Prompt:
Gather every line in the records below that contains the word "first".
--- START ---
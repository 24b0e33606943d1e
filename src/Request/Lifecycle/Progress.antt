-- ===== src/Request/Lifecycle/Progress.antt =====
-- core/request/lifecycle.go: a transition that the diagram allows.
use codex_link_clawbot.Prelude.{passes, ok, ℕ, ◌≡◌, true, List, arith}
use codex_link_clawbot.Text.{Text, trim_space}
use codex_link_clawbot.Map.{insert}
use codex_link_clawbot.Request.Types.{State, Task}
use codex_link_clawbot.Request.Index.{is_active, validate_index, replace_task}
use codex_link_clawbot.Request.Index.Lookup.{find_task-id}
use codex_link_clawbot.Request.Index.Follow.{
  AllFollow-replace_task, OwnersFollow-insert, validate_index-OwnersFollow, Follows,
}
use codex_link_clawbot.Request.Storage.{no_extra, save_locked, Store, World}
use codex_link_clawbot.Request.Lifecycle.{
  settle, may_move, enter, with_tasks, commit_tasks, locate, transition_locked, Settled,
}
use codex_link_clawbot.Request.Lifecycle.Transition.{settle-may_move, locate-ok, StateStep}
use codex_link_clawbot.Request.Lifecycle.Validity.{
  validate_task-TaskIsValid, TaskIsValid-validate_task, settle-lines, StateStep-cases,
  enter-TaskIsValid, LinesAreValid,
}

enter-Follows :
    (now : ℕ) (t : Task) (owner : Text) (to : Settled)
    → StateStep t t.state to.state
    → LinesAreValid to.stage to.reason
    → Follows owner (enter now to t) t
unfolding enter is_active
enter-Follows now t owner to st lines = record {
  same_id = ground arith;
  same_source = ground arith;
  same_session = ground arith;
  activity = ground (arith, StateStep-cases t st);
  validity = λ valid.
      TaskIsValid-validate_task (enter now to t) owner
        (enter-TaskIsValid now t owner to (validate_task-TaskIsValid t owner valid) st lines);
}

save_locked-ok :
    (s : Store) → validate_index s.index ≡ ok tt → passes (save_locked true no_extra s) ≡ true
unfolding save_locked
save_locked-ok s h = ground arith

commit_tasks-passes :
    {A : Type 0} (owner : Text) (previous tasks : List Task) (result : A) (s : Store)
    → validate_index (with_tasks owner tasks s).index ≡ ok tt
    → (commit_tasks true no_extra owner previous tasks result s).1 ≡ ok result
unfolding commit_tasks
commit_tasks-passes owner previous tasks result s h =
    ground (arith, save_locked-ok (with_tasks owner tasks s) h)

-- On a valid index, a transition of a task that is there, that settles and that the table of moves
-- allows, and whose lines are valid, ends well whenever SQLite commits: the validation before the
-- save never refuses it.
pub transition_locked-total :
    (w : World) (owner id : Text) (next : State) (stage reason : Text) (s : Store)
    (tasks : List Task) (t : Task) (to : Settled)
    → w.commit ≡ true
    → validate_index s.index ≡ ok tt
    → locate s.index owner id ≡ ok (tasks, t)
    → settle t next stage reason ≡ ok to
    → may_move t to.state ≡ true
    → LinesAreValid stage reason
    → (transition_locked w no_extra owner id next stage reason s).1 ≡ ok (enter w.now to t)
unfolding transition_locked
transition_locked-total w owner id next stage reason s tasks t to committed valid found done good
      lines =
    let st = settle-may_move t next stage reason done good in
    let there = locate-ok s.index owner id found in
    let follows =
      AllFollow-replace_task (trim_space owner) t.id (enter w.now to t) t tasks
        (ground (arith, there.1, find_task-id (trim_space id) tasks there.1))
        (enter-Follows w.now t (trim_space owner) to st
          (settle-lines t next stage reason done lines)) in
    let again =
      validate_index-OwnersFollow s.index
        (insert (trim_space owner) (replace_task t.id (enter w.now to t) tasks) s.index.owners)
        (OwnersFollow-insert (trim_space owner) (replace_task t.id (enter w.now to t) tasks) tasks
          s.index.owners there.0 follows)
        valid in
    ground (
      arith,
      commit_tasks-passes (trim_space owner) tasks (replace_task t.id (enter w.now to t) tasks)
          (enter w.now to t) s again,
    )
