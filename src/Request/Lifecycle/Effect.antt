-- ===== src/Request/Lifecycle/Effect.antt =====
-- core/request/lifecycle.go: what the store answers after a transition or an update.
use codex_link_clawbot.Prelude.{if◌then◌else◌, ◌≡◌, ◌&&◌, some, List, arith}
use codex_link_clawbot.Text.{Text, text_eq, text_eq_iff, trim_space}
use codex_link_clawbot.Map.{lookup, lookup-insert}
use codex_link_clawbot.Request.Types.{Task}
use codex_link_clawbot.Request.Index.{find_task, replace_task, find_task_locked, find}
use codex_link_clawbot.Request.Index.Lookup.{find_task-id, find_task-replace_task}
use codex_link_clawbot.Request.Storage.{Store}
use codex_link_clawbot.Request.Lifecycle.{with_tasks}

-- One task is written and every other lookup answers as before.
pub find-with_tasks :
    (owner id owner' id' : Text) (new old : Task) (tasks : List Task) (s s' : Store)
    → lookup (trim_space owner) s.index.owners ≡ some tasks
    → find_task (trim_space id) tasks ≡ some old
    → new.id ≡ old.id
    → s'.index ≡ (with_tasks (trim_space owner) (replace_task old.id new tasks) s).index
    → find s'.index owner' id' ≡ (
        if text_eq (trim_space owner) (trim_space owner')
          && text_eq (trim_space id) (trim_space id')
        then some new
        else find s.index owner' id')
unfolding find find_task_locked
find-with_tasks owner id owner' id' new old tasks s s' ho ht hn hi =
    let same = find_task-id (trim_space id) tasks ht in
    ground (
      arith,
      same,
      text_eq_iff (trim_space owner) (trim_space owner'),
      lookup-insert (trim_space owner) (trim_space owner') (replace_task old.id new tasks)
          s.index.owners,
      find_task-replace_task old.id (trim_space id') new old tasks,
    )
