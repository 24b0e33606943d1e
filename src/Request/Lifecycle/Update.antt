-- ===== src/Request/Lifecycle/Update.antt =====
-- core/request/lifecycle.go: an update or a transition of a task, seen by the lookups.
use codex_link_clawbot.Prelude.{
  if◌then◌else◌, Fallible-cases, Fallible, ok, err, ◌≡◌, inl, inr, false, ◌&&◌, some, List, arith,
}
use codex_link_clawbot.Text.{Text, text_eq, text_eq_iff, text_eq_refl, is_empty, trim_space}
use codex_link_clawbot.Request.Types.{State, Task, Error}
use codex_link_clawbot.Request.Index.{replace_task, find}
use codex_link_clawbot.Request.Storage.{Extra, no_extra, Store, World}
use codex_link_clawbot.Request.Lifecycle.{
  enter, with_tasks, commit_tasks, locate, transition_locked, update_task_locked, set_thread,
  attach_thread,
}
use codex_link_clawbot.Request.Lifecycle.Commit.{
  save_locked-index, commit_tasks-ok, commit_tasks-err,
}
use codex_link_clawbot.Request.Lifecycle.Effect.{find-with_tasks}
use codex_link_clawbot.Request.Lifecycle.Transition.{
  locate-ok, transition_locked-Moved, locate-find,
}

-- What an update leaves when it ends well.
pub update_task_locked-ok :
    (w : World) (extra : Extra) (owner id : Text) (change : Task → Fallible Error Task) (s : Store)
    {s' : Store} {new : Task}
    → update_task_locked w extra owner id change s ≡ (s', ok new)
    → (tasks : List Task) × (old : Task) × (locate s.index owner id ≡ ok (tasks, old))
      × (change old ≡ ok new)
      × (s'.index ≡ (with_tasks (trim_space owner) (replace_task old.id new tasks) s).index)
unfolding update_task_locked
update_task_locked-ok w extra owner id change s {s'} {new} h =
    elim (Fallible-cases (locate s.index owner id)) [
      | inr (e, bad) ↦ absurd (ground arith)
      | inl ((tasks, old), located) ↦ elim (Fallible-cases (change old)) [
        | inr (e, bad) ↦ absurd (ground arith)
        | inl (t, changed) ↦
            let next : List Task = replace_task old.id t tasks in
            let done : commit_tasks w.commit extra (trim_space owner) tasks next t s
                ≡ (s', ok new) =
              ground arith in
            let (saved, same) =
              commit_tasks-ok w.commit extra (trim_space owner) tasks next t s done in
            (
              tasks,
              old,
              located,
              ground arith,
              ground (
                arith,
                same,
                save_locked-index w.commit extra (with_tasks (trim_space owner) next s) saved,
              ),
            )
      ]
    ]

-- An update of a task that fails, for whatever reason, leaves the store as it was.
pub update_task_locked-atomic :
    (w : World) (extra : Extra) (owner id : Text) (change : Task → Fallible Error Task) (s : Store)
    {s' : Store} {e : Error}
    → update_task_locked w extra owner id change s ≡ (s', err e)
    → s' ≡ s
unfolding update_task_locked
update_task_locked-atomic w extra owner id change s {s'} {e} h =
    elim (Fallible-cases (locate s.index owner id)) [
      | inr (x, bad) ↦ ground arith
      | inl ((tasks, old), located) ↦ elim (Fallible-cases (change old)) [
        | inr (x, bad) ↦ ground arith
        | inl (t, changed) ↦
            commit_tasks-err w.commit extra (trim_space owner) tasks (replace_task old.id t tasks) t
              s {e = e} (locate-ok s.index owner id located).0 (ground arith)
      ]
    ]

set_thread-fixed :
    (thread : Text) (t : Task) {new : Task}
    → is_empty t.thread_id ≡ false
    → set_thread thread t ≡ ok new
    → new.thread_id ≡ t.thread_id
unfolding set_thread
set_thread-fixed thread t {new} h done = ground (arith, text_eq_iff t.thread_id thread)

-- A thread is attached once: on a task that has one already, an attach that ends well leaves the
-- thread that the task had, under which every later lookup of it answers.
pub attach_thread-fixed :
    (w : World) (owner id thread : Text) (s : Store) {s' : Store} {old new : Task}
    → find s.index owner id ≡ some old
    → is_empty old.thread_id ≡ false
    → attach_thread w owner id thread s ≡ (s', ok new)
    → (find s'.index owner id ≡ some new) × (new.thread_id ≡ old.thread_id)
unfolding attach_thread set_thread
attach_thread-fixed w owner id thread s {s'} {old} {new} found fixed h =
    let done : update_task_locked w no_extra owner id (set_thread (trim_space thread)) s
        ≡ (s', ok new) =
      ground arith in
    let (tasks, t, located, changed, index) =
      update_task_locked-ok w no_extra owner id (set_thread (trim_space thread)) s done in
    let same : old ≡ t = ground (arith, locate-find s.index owner id located) in
    let kept : new.thread_id ≡ t.thread_id =
      set_thread-fixed (trim_space thread) t (ground arith) changed in
    let (there, at) = locate-ok s.index owner id located in
    (
      ground (
        arith,
        text_eq_refl (trim_space owner),
        text_eq_refl (trim_space id),
        find-with_tasks owner id owner id new t tasks s s' there at (ground arith) index,
      ),
      ground arith,
    )

-- After a transition that ends well the lookup of the transition's own owner and id answers the
-- task that it returned, and every other lookup answers as before.
pub transition_locked-find :
    (w : World) (extra : Extra) (owner id : Text) (next : State) (stage reason : Text) (s : Store)
    (owner' id' : Text) {s' : Store} {new : Task}
    → transition_locked w extra owner id next stage reason s ≡ (s', ok new)
    → find s'.index owner' id' ≡ (
        if text_eq (trim_space owner) (trim_space owner')
          && text_eq (trim_space id) (trim_space id')
        then some new
        else find s.index owner' id')
unfolding enter
transition_locked-find w extra owner id next stage reason s owner' id' {s'} {new} h =
    let m = transition_locked-Moved w extra owner id next stage reason s h in
    let entered : Task = enter w.now m.to m.old in
    let written : Store = with_tasks (trim_space owner) (replace_task m.old.id entered m.tasks) s in
    let (there, at) = locate-ok s.index owner id m.located in
    let same_id : entered.id ≡ m.old.id = ground arith in
    ground (
      arith,
      m.entered,
      find-with_tasks owner id owner' id' entered m.old m.tasks s s' there at same_id
          (save_locked-index w.commit extra written m.saved),
    )
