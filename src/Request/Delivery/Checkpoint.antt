-- ===== src/Request/Delivery/Checkpoint.antt =====
-- core/request/completion.go: the checkpoint of a completed execution.
use codex_link_clawbot.Prelude.{
  max, Fallible-cases, Fallible, ok, ℕ, ◌≤◌, ◌≡◌, refl, subst, inl, inr, true, some, List, [], ◌∷◌,
  arith,
}
use codex_link_clawbot.Text.{Text, text, text_eq_refl, len, trim_space}
use codex_link_clawbot.Map.{lookup-insert_self}
use codex_link_clawbot.Request.Types.{state_eq, max_result_reply_bytes, running, Task, Error}
use codex_link_clawbot.Request.Index.{find_task, tasks_of, find_task_locked, find}
use codex_link_clawbot.Request.Index.Lookup.{find_task-id}
use codex_link_clawbot.Request.Storage.{Extra, Store, World}
use codex_link_clawbot.Request.Lifecycle.{stage_result_pending, with_tasks, update_task_locked}
use codex_link_clawbot.Request.Lifecycle.Effect.{find-with_tasks}
use codex_link_clawbot.Request.Lifecycle.Transition.{locate-ok, locate-find}
use codex_link_clawbot.Request.Lifecycle.Update.{update_task_locked-ok, update_task_locked-atomic}
use codex_link_clawbot.Request.Delivery.{complete_at, put_completion, overwrite, complete_execution}

find_task-overwrite :
    (id : Text) (new : Task) (ts : List Task) {t : Task}
    → find_task id ts ≡ some t
    → new.id ≡ id
    → find_task id (overwrite id new ts) ≡ some new
unfolding find_task
find_task-overwrite id new [] h e = absurd (ground arith)
find_task-overwrite id new (x ∷ ts) {t} h e =
    ground (arith, text_eq_refl id, find_task-overwrite id new ts {t = t})

-- The task that `CompleteExecution` leaves, whether the save went through or not: it is there, it
-- still runs, and its execution is complete since the given time.
pub record Completed (at : ℕ) (owner id : Text) (s : Store) : Type 0 where
  pub task : Task
  pub found : find_task_locked s.index owner id ≡ some task
  pub complete : task.execution_completed_at ≡ at
  pub active : task.state ≡ running

saved-Completed :
    (w : World) (extra : Extra) (owner id : Text) (change : Task → Fallible Error Task) (at : ℕ)
    (s : Store) (t : Task) {s' : Store} {new : Task}
    → trim_space owner ≡ owner
    → trim_space id ≡ id
    → find_task_locked s.index owner id ≡ some t
    → t.state ≡ running
    → ((t : Task)
        → (x : Task) × (change t ≡ ok x)
          × (x.execution_completed_at ≡ at)
          × (x.id ≡ t.id)
          × (x.state ≡ t.state))
    → update_task_locked w extra owner id change s ≡ (s', ok new)
    → Completed at owner id s'
unfolding find find_task_locked
saved-Completed w extra owner id change at s t {s'} {new} trimmed trimmed_id is_t runs changes h =
    let (tasks, old, located, changed, index) = update_task_locked-ok w extra owner id change s h in
    let (there, found) = locate-ok s.index owner id located in
    let (x, is_x, completed, same_id, same_state) = changes old in
    let first : find s.index owner id ≡ some old = locate-find s.index owner id located in
    let same : x ≡ new = ground arith in
    record {
      task = new;
      found = ground (
        arith,
        same,
        trimmed,
        trimmed_id,
        text_eq_refl owner,
        text_eq_refl id,
        find-with_tasks owner id owner id new old tasks s s' there found (ground arith) index,
      );
      complete = ground arith;
      active = ground (arith, same, same_state, first, is_t, runs, trimmed, trimmed_id);
    }

-- After `CompleteExecution` of a running request, with a reply within the limit and names that are
-- trimmed, the request still runs and its execution is complete since the call's time (never
-- before the start), whether SQLite took the checkpoint or refused it.
pub complete_execution-Completed :
    (w : World) (owner id reply : Text) (s : Store) (t : Task)
    → trim_space owner ≡ owner
    → trim_space id ≡ id
    → find_task_locked s.index owner id ≡ some t
    → t.state ≡ running
    → len reply ≤ max_result_reply_bytes
    → Completed (max w.now t.started_at) owner id (complete_execution w owner id reply s).0
unfolding complete_execution find_task_locked
complete_execution-Completed w owner id reply s t trimmed trimmed_id found active fits =
    let at : ℕ = max w.now t.started_at in
    let completed : Task = complete_at at reply stage_result_pending t in
    let change : Task → Fallible Error Task =
      λ x. ok (complete_at at reply (text "执行完成，正在保存结果") x) in
    let extra : Extra = put_completion id (record { version = 1; reply = reply; at = at }) in
    let s' : Store = (update_task_locked w extra owner id change s).0 in
    let left : Store = with_tasks owner (overwrite id completed (tasks_of owner s'.index)) s' in
    let running_there : state_eq t.state running ≡ true = ground arith in
    elim (Fallible-cases (update_task_locked w extra owner id change s).1) [
      | inl (x, done) ↦
          let here : Completed at owner id s' =
            saved-Completed w extra owner id change at s t {s' = s'} {new = x} trimmed trimmed_id
              found active
              (λ y. (complete_at at reply (text "执行完成，正在保存结果") y, refl, refl, refl, refl))
              (ground arith) in
          subst (λ (z : Store). Completed at owner id z) (ground arith) here
      | inr (e, bad) ↦
          let same : s' ≡ s =
            update_task_locked-atomic w extra owner id change s {s' = s'} {e = e} (ground arith) in
          let kept : Completed at owner id left = record {
            task = completed;
            found = ground (
              arith,
              same,
              lookup-insert_self owner (overwrite id completed (tasks_of owner s'.index))
                  s'.index.owners,
              find_task-id id (tasks_of owner s'.index) {t = t},
              find_task-overwrite id completed (tasks_of owner s'.index) {t = t},
            );
            complete = refl;
            active = active;
          } in
          subst (λ (z : Store). Completed at owner id z) (ground arith) kept
    ]
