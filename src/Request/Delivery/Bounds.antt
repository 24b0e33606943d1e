-- ===== src/Request/Delivery/Bounds.antt =====
-- core/request/result.go: the room of a frozen result.
use codex_link_clawbot.Prelude.{
  Fallible-cases, Fallible, ok, ℕ, ◌+◌, ◌≤◌, ◌≡◌, inl, inr, List, [], ◌∷◌, arith,
}
use codex_link_clawbot.Text.{Text, len}
use codex_link_clawbot.Request.Types.{
  max_task_bytes, max_result_reply_bytes, Task, ResultArtifact, Result, Error,
}
use codex_link_clawbot.Request.Valid.{artifact_bytes}
use codex_link_clawbot.Request.Storage.{Store, World}
use codex_link_clawbot.Request.Retention.{max_result_reservation, result_size}
use codex_link_clawbot.Request.Delivery.{
  freeze_artifacts, frozen_result, build_result, FreezeResultInput,
}

freeze_artifacts-bytes :
    (freeze : Text → Fallible Error ResultArtifact) (seen : List Text) (total : ℕ)
    (paths : List Text) {artifacts : List ResultArtifact}
    → total ≤ max_task_bytes
    → freeze_artifacts freeze seen total paths ≡ ok artifacts
    → total + artifact_bytes artifacts ≤ max_task_bytes
unfolding freeze_artifacts
freeze_artifacts-bytes freeze seen total [] fits h = ground arith
freeze_artifacts-bytes freeze seen total (path ∷ paths) fits h =
    elim (Fallible-cases (freeze path)) [
      | inr (e, bad) ↦ absurd (ground arith)
      | inl (a, read) ↦
          elim (Fallible-cases (freeze_artifacts freeze (a.path ∷ seen) (total + a.size) paths)) [
            | inr (e, bad) ↦ absurd (ground arith)
            | inl (rest, more) ↦ ground (
              arith,
              freeze_artifacts-bytes freeze (a.path ∷ seen) (total + a.size) paths
                  {artifacts = rest},
            )
          ]
    ]

-- A result that is built to be frozen takes no more room than the worst case that `Start` reserved
-- for its request, whatever the files are.
pub build_result-reserved :
    (w : World) (freeze : Text → Fallible Error ResultArtifact) (t : Task)
    (input : FreezeResultInput) (s : Store) {r : Result}
    → build_result w freeze t input s ≡ ok r
    → result_size r ≤ max_result_reservation
unfolding build_result result_size
build_result-reserved w freeze t input s {r} h =
    elim (Fallible-cases (freeze_artifacts freeze [] 0 input.artifact_paths)) [
      | inr (e, bad) ↦ absurd (ground arith)
      | inl (artifacts, frozen) ↦
          let bytes : 0 + artifact_bytes artifacts ≤ max_task_bytes =
            freeze_artifacts-bytes freeze [] 0 input.artifact_paths (omega arith) frozen in
          let same : r ≡ frozen_result w.now t input artifacts = ground arith in
          let short : len input.reply ≤ max_result_reply_bytes = ground arith in
          ground (arith, bytes, short, same)
    ]
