-- ===== src/Request/Receipts/Repeat.antt =====
-- core/request/recovery.go: the attempts of a redelivery.
use codex_link_clawbot.Prelude.{
  max, Bool-cases, Option-cases, Fallible-cases, ok, length, drop, ◌≡◌, ap, ◌∙◌, inl, inr, Bool,
  true, false, some, List, [], ◌∷◌, ◌++◌, arith,
}
use codex_link_clawbot.Text.{Text, text_eq, text_eq_refl}
use codex_link_clawbot.Map.{lookup, lookup-insert_self}
use codex_link_clawbot.Request.Types.{
  reason_delivery_ambiguous, Task, Index, ambiguous, DeliveryReceipt, Result,
}
use codex_link_clawbot.Request.Index.{find_task_locked}
use codex_link_clawbot.Request.Storage.{update_tables, Tables, Store, World}
use codex_link_clawbot.Request.Delivery.{save_receipts, read_result, load_result}
use codex_link_clawbot.Request.Receipts.{has_attempt, begin_redelivery}

has_attempt-append :
    (operation : Text) (rs : List DeliveryReceipt) (r : DeliveryReceipt)
    → text_eq r.operation_id operation ≡ true
    → has_attempt operation (rs ++ (r ∷ [])) ≡ true
unfolding has_attempt
has_attempt-append operation [] r h = ground arith
has_attempt-append operation (x ∷ rs) r h = ground (arith, has_attempt-append operation rs r)

has_attempt-extend :
    (operation : Text) (rs more : List DeliveryReceipt)
    → has_attempt operation rs ≡ true
    → has_attempt operation (rs ++ more) ≡ true
unfolding has_attempt
has_attempt-extend operation [] more h = absurd (ground arith)
has_attempt-extend operation (x ∷ rs) more h = ground (arith, has_attempt-extend operation rs more)

-- The result that a load returns is the row.
load_result-row :
    (w : World) (tables : Tables) (t : Task) {r : Result}
    → load_result w tables t ≡ ok r
    → lookup t.id tables.results ≡ some r
unfolding load_result read_result
load_result-row w tables t {r} h = elim (Option-cases (lookup t.id tables.results)) [
  | inl n ↦ absurd (ground arith)
  | inr (row, e) ↦ ground arith
]

begin_redelivery-recorded :
    (w : World) (owner id operation_id : Text) (s : Store) {s' : Store} {r : Result} {b : Bool}
    → begin_redelivery w owner id operation_id s ≡ (s', ok (r, b))
    → (operation : Text) × (t : Task) × (row : Result) × (w.lib.parse_uuid operation_id
        ≡ some operation)
      × (find_task_locked s.index owner id ≡ some t)
      × (s'.index ≡ s.index)
      × (lookup t.id s'.tables.results ≡ some row)
      × (has_attempt operation row.attempts ≡ true)
unfolding begin_redelivery save_receipts update_tables
begin_redelivery-recorded w owner id operation_id s {s'} {r} {b} h =
    elim (Option-cases (w.lib.parse_uuid operation_id)) [
      | inl n ↦ absurd (ground arith)
      | inr (operation, parsed) ↦ elim (Option-cases (find_task_locked s.index owner id)) [
        | inl n ↦ absurd (ground arith)
        | inr (t, found) ↦ elim (Fallible-cases (load_result w s.tables t)) [
          | inr (e, bad) ↦ absurd (ground arith)
          | inl (old, loaded) ↦
              let row : lookup t.id s.tables.results ≡ some old =
                load_result-row w s.tables t loaded in
              elim (Bool-cases (has_attempt operation old.attempts)) [
                | inl there ↦ (operation, t, old, parsed, found, ground arith, ground arith, there)
                | inr new ↦
                    let receipt : DeliveryReceipt = record {
                      operation_id = operation;
                      outcome = ambiguous;
                      attempted_at = max w.now old.frozen_at;
                      media_sent = 0;
                      text_sent = false;
                      failure_code = reason_delivery_ambiguous;
                    } in
                    let attempts : List DeliveryReceipt = old.attempts ++ (receipt ∷ []) in
                    let noted : Result = record old {
                      receipt = receipt;
                      attempts = attempts ++ drop (length attempts) old.attempts;
                    } in
                    (
                      operation,
                      t,
                      noted,
                      parsed,
                      found,
                      ground arith,
                      ground (arith, lookup-insert_self t.id noted s.tables.results),
                      has_attempt-extend operation attempts (drop (length attempts) old.attempts) (
                          has_attempt-append operation old.attempts receipt
                            (text_eq_refl operation)),
                    )
              ]
        ]
      ]
    ]

begin_redelivery-repeat :
    (w : World) (owner id operation_id operation : Text) (t : Task) (row : Result) (s : Store)
    {s' : Store} {r : Result} {b : Bool}
    → w.lib.parse_uuid operation_id ≡ some operation
    → find_task_locked s.index owner id ≡ some t
    → lookup t.id s.tables.results ≡ some row
    → has_attempt operation row.attempts ≡ true
    → begin_redelivery w owner id operation_id s ≡ (s', ok (r, b))
    → (s' ≡ s) × (b ≡ true)
unfolding begin_redelivery
begin_redelivery-repeat w owner id operation_id operation t row s {s'} {r} {b} parsed found there
      has h =
    elim (Fallible-cases (load_result w s.tables t)) [
      | inr (e, bad) ↦ absurd (ground arith)
      | inl (old, loaded) ↦
          let same : old ≡ row = ground (arith, load_result-row w s.tables t loaded) in
          (ground arith, ground arith)
    ]

-- A redelivery that begins is on record before it is sent: a second beginning of the same operation
-- on the store that it leaves, at any later time and under the same libraries, changes nothing, and
-- if it returns a result it marks the operation as one that was begun before.
pub begin_redelivery-once :
    (w later : World) (owner id operation_id : Text) (s : Store) {s' s'' : Store} {r r' : Result}
    {b b' : Bool}
    → later.lib.parse_uuid operation_id ≡ w.lib.parse_uuid operation_id
    → begin_redelivery w owner id operation_id s ≡ (s', ok (r, b))
    → begin_redelivery later owner id operation_id s' ≡ (s'', ok (r', b'))
    → (s'' ≡ s') × (b' ≡ true)
begin_redelivery-once w later owner id operation_id s {s'} {s''} {r} {r'} {b} {b'} same h h' =
    let (operation, t, row, parsed, found, index, there, has) =
      begin_redelivery-recorded w owner id operation_id s h in
    begin_redelivery-repeat later owner id operation_id operation t row s' (same ∙ parsed)
      (ap (λ (i : Index). find_task_locked i owner id) index ∙ found) there has h'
--- END ---
Answer area:
    let first : find s.index owner id ≡ some old = locate-find s.index owner id located in
      active = ground (arith, same, same_state, first, is_t, runs, trimmed, trimmed_id);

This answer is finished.